Your assignment: Go through the records and report each line holding the string "Recorded".

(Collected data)
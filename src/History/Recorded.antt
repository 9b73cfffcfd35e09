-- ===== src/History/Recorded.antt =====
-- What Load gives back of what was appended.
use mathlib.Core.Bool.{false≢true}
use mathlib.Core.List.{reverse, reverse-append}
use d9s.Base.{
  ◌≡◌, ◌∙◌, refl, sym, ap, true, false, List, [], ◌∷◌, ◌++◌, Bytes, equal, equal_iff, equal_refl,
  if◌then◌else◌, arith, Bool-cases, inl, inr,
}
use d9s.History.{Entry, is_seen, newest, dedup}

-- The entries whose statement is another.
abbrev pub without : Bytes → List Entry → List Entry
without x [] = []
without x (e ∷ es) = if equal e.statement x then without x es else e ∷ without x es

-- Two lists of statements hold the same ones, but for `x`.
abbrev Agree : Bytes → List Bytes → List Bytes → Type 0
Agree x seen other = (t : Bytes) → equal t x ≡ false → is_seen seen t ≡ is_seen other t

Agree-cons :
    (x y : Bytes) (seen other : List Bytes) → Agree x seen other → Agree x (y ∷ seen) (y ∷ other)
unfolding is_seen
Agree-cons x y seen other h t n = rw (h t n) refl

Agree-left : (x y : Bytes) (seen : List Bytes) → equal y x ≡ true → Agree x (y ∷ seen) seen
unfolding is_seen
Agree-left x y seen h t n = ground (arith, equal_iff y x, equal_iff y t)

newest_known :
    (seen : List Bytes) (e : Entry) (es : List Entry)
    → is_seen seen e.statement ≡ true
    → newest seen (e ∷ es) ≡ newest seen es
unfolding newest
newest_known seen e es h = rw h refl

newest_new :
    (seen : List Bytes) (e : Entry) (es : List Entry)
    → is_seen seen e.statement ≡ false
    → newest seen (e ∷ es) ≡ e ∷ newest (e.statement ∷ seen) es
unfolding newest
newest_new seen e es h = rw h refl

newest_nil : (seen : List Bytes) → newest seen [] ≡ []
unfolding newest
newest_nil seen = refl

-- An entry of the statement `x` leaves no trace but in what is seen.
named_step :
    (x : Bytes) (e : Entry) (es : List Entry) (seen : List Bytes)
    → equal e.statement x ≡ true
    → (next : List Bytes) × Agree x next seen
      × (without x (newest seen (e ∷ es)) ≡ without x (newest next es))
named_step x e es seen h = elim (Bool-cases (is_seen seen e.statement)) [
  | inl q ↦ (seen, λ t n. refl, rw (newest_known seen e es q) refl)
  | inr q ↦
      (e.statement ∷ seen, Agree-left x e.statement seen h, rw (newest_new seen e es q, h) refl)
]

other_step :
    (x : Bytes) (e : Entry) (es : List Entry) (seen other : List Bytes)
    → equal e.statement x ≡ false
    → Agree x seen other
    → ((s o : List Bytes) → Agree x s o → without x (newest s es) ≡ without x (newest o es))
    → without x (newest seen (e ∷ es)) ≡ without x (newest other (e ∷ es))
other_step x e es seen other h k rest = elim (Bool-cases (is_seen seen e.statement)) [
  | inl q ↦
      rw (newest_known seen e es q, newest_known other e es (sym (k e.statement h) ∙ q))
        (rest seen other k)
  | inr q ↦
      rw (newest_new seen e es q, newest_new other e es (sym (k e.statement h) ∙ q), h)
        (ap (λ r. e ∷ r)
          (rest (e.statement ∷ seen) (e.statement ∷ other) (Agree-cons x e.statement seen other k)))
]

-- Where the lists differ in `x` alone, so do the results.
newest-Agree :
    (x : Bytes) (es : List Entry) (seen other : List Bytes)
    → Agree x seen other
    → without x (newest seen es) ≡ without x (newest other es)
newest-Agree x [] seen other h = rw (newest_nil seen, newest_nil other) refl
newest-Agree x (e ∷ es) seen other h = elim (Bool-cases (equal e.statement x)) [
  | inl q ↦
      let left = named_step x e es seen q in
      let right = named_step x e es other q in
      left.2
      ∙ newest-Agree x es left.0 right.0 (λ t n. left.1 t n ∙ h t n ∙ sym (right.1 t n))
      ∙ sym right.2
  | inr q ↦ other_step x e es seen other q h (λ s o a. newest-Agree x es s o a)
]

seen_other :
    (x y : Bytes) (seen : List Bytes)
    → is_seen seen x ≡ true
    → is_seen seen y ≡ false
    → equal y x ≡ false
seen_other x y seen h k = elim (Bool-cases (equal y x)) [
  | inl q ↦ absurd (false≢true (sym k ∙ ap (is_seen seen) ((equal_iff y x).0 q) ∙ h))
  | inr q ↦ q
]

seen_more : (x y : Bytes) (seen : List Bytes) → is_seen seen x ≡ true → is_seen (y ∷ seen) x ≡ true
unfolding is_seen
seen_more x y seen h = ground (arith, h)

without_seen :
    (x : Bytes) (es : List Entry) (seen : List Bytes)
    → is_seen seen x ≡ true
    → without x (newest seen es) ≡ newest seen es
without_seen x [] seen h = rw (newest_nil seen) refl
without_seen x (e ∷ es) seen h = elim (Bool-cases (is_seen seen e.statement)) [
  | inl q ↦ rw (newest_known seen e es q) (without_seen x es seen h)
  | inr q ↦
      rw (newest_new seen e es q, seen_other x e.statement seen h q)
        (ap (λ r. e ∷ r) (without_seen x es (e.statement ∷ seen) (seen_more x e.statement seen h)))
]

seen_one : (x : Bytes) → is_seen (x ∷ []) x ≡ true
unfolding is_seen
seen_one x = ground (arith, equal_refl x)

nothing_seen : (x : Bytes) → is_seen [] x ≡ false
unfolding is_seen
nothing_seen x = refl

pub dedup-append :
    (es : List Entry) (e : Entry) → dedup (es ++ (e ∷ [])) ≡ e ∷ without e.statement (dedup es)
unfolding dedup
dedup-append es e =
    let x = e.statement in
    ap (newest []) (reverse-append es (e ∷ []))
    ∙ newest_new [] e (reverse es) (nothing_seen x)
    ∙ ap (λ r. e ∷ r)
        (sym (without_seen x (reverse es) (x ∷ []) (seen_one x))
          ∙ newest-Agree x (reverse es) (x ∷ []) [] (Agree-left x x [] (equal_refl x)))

Answer section:
filename src/History/Recorded.antt
-- ===== src/History/Recorded.antt =====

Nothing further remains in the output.